---- THE INPUT

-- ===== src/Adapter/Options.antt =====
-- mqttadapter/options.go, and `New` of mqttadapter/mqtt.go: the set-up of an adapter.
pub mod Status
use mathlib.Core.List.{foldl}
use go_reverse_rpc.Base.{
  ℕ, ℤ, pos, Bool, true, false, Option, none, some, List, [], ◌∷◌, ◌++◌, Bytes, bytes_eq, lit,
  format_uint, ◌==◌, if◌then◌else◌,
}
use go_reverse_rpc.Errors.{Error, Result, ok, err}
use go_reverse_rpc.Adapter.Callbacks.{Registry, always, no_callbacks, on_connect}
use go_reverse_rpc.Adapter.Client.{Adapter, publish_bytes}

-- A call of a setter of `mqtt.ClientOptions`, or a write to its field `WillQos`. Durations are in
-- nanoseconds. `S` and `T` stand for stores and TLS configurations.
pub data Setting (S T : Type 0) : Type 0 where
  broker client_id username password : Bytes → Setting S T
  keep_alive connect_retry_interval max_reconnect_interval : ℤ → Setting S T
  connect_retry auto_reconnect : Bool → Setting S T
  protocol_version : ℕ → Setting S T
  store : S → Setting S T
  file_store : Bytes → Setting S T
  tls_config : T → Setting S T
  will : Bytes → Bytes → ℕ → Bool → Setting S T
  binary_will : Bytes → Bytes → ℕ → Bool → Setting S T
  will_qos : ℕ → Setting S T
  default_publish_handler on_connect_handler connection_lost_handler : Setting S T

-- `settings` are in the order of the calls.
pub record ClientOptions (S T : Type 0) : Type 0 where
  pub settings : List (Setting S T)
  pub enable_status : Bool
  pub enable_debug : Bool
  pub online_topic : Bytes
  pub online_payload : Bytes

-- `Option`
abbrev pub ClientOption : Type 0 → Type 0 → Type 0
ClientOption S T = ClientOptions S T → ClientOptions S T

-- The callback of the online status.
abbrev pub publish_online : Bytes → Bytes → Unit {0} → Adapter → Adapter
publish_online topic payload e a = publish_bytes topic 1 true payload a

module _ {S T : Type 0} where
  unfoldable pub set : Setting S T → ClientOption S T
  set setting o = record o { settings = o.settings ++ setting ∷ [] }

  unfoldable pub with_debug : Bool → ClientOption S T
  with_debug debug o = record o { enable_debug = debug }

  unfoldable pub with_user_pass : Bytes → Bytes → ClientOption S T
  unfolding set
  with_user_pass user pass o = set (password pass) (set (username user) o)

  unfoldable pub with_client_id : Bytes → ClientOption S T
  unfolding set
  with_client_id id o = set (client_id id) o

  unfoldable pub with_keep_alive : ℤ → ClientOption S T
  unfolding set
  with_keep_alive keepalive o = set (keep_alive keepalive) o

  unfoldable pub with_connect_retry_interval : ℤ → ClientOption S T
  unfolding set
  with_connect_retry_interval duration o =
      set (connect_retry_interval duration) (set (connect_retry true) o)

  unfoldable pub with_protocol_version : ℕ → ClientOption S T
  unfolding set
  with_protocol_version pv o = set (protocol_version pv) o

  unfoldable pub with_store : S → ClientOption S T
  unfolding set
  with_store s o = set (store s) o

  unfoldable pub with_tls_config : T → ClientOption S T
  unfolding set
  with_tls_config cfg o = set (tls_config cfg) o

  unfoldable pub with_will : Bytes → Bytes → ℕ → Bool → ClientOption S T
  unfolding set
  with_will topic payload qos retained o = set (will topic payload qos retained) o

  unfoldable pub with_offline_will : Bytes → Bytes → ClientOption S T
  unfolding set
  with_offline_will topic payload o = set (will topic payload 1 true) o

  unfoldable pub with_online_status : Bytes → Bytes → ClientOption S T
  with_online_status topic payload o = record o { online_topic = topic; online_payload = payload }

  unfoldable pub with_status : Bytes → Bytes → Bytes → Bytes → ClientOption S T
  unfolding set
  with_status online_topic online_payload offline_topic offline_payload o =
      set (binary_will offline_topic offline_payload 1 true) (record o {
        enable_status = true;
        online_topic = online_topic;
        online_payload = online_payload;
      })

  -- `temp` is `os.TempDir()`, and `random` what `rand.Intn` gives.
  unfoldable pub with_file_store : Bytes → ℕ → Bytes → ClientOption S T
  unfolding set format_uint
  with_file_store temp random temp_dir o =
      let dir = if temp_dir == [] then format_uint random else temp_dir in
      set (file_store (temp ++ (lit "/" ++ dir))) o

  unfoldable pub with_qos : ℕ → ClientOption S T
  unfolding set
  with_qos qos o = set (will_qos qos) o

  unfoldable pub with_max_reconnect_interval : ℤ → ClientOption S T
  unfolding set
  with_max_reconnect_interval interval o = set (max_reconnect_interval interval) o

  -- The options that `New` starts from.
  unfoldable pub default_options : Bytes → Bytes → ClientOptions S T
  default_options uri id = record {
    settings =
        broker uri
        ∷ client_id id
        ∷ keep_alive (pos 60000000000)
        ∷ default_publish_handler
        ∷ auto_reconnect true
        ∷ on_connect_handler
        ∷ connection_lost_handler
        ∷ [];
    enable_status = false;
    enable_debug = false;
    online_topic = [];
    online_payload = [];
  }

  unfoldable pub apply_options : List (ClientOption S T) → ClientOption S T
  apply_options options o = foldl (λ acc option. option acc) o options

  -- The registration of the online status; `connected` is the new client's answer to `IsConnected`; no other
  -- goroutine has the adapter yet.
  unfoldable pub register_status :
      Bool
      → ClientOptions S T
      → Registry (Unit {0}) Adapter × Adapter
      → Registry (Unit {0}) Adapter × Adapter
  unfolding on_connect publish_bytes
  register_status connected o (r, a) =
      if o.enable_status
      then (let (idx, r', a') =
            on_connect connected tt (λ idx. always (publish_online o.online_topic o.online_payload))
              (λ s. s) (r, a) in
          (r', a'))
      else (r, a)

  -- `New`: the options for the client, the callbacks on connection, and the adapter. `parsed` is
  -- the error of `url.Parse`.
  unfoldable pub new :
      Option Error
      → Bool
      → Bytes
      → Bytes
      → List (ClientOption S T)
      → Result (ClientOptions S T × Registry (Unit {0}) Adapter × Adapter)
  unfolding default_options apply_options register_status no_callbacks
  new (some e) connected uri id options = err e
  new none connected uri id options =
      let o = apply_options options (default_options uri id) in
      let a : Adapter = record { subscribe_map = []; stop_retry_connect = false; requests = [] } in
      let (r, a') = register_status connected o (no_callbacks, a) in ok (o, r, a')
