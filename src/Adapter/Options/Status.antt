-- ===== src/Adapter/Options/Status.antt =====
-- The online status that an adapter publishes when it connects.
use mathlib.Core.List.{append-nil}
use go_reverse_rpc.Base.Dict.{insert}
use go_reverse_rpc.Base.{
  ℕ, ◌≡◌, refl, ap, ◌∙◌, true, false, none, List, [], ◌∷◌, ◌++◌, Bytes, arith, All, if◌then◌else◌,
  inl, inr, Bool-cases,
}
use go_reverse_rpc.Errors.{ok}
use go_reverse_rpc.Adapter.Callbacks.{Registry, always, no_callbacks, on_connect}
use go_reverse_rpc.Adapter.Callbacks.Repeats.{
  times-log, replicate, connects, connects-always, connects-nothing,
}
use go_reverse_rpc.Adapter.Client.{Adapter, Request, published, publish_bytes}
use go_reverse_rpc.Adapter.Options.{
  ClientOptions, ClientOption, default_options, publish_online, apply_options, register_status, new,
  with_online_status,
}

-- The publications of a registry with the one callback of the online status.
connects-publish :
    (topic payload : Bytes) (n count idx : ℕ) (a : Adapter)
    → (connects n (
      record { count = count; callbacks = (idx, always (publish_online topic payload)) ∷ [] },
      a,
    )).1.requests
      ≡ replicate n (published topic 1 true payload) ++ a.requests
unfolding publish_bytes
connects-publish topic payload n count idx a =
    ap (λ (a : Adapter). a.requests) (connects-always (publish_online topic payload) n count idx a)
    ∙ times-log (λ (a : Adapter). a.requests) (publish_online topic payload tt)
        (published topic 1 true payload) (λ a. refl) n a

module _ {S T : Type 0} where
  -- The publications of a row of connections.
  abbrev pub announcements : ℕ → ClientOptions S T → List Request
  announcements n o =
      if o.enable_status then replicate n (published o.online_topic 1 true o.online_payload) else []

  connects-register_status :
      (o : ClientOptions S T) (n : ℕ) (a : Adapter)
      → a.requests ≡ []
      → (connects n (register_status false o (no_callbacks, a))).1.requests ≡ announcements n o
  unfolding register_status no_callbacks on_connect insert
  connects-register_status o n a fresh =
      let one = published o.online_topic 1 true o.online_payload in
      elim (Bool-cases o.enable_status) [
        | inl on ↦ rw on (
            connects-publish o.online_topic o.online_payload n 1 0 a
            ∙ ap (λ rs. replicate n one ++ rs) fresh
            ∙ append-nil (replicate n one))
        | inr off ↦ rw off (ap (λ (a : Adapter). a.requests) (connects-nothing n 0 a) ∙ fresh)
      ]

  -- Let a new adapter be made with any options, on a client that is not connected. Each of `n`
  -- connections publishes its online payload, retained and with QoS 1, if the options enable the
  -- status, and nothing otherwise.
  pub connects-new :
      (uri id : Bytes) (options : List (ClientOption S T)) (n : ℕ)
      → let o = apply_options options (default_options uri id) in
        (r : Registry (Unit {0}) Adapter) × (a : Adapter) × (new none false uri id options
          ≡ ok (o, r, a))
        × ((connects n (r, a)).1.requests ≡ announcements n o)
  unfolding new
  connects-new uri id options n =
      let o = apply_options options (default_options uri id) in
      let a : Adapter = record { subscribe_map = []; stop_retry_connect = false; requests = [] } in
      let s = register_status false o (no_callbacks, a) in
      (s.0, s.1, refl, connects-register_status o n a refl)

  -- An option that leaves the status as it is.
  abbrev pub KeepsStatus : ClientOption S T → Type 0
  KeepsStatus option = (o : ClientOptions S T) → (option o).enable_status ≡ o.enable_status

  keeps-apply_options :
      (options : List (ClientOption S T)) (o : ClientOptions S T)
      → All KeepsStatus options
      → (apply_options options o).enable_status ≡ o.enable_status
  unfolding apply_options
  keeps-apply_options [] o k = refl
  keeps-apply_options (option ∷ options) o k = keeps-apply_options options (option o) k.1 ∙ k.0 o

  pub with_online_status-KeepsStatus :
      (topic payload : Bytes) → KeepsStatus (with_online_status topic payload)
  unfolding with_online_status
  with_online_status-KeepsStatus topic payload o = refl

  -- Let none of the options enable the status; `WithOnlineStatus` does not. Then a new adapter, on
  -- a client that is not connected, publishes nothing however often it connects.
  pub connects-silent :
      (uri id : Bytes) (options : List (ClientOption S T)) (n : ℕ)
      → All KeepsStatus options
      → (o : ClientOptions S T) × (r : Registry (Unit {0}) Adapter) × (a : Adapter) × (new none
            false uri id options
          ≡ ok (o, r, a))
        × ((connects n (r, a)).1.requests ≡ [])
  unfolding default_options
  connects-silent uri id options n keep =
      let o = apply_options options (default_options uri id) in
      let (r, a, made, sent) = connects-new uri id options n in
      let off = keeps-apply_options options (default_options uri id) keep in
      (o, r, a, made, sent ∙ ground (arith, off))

--------

(WHAT NEEDS TO BE DONE):
Your task for the entries above: copy exactly the span starting with the line with "pub record ClientOptions" and going on through the line with "with_debug debug o", both lines included, and nothing else.

(RESPONSE FOR THIS EXERCISE):
pub record ClientOptions (S T : Type 0) : Type 0 where
  pub settings : List (Setting S T)
  pub enable_status : Bool
  pub enable_debug : Bool
  pub online_topic : Bytes
  pub online_payload : Bytes

-- `Option`
abbrev pub ClientOption : Type 0 → Type 0 → Type 0
ClientOption S T = ClientOptions S T → ClientOptions S T

-- The callback of the online status.
abbrev pub publish_online : Bytes → Bytes → Unit {0} → Adapter → Adapter
publish_online topic payload e a = publish_bytes topic 1 true payload a

module _ {S T : Type 0} where
  unfoldable pub set : Setting S T → ClientOption S T
  set setting o = record o { settings = o.settings ++ setting ∷ [] }

  unfoldable pub with_debug : Bool → ClientOption S T
  with_debug debug o = record o { enable_debug = debug }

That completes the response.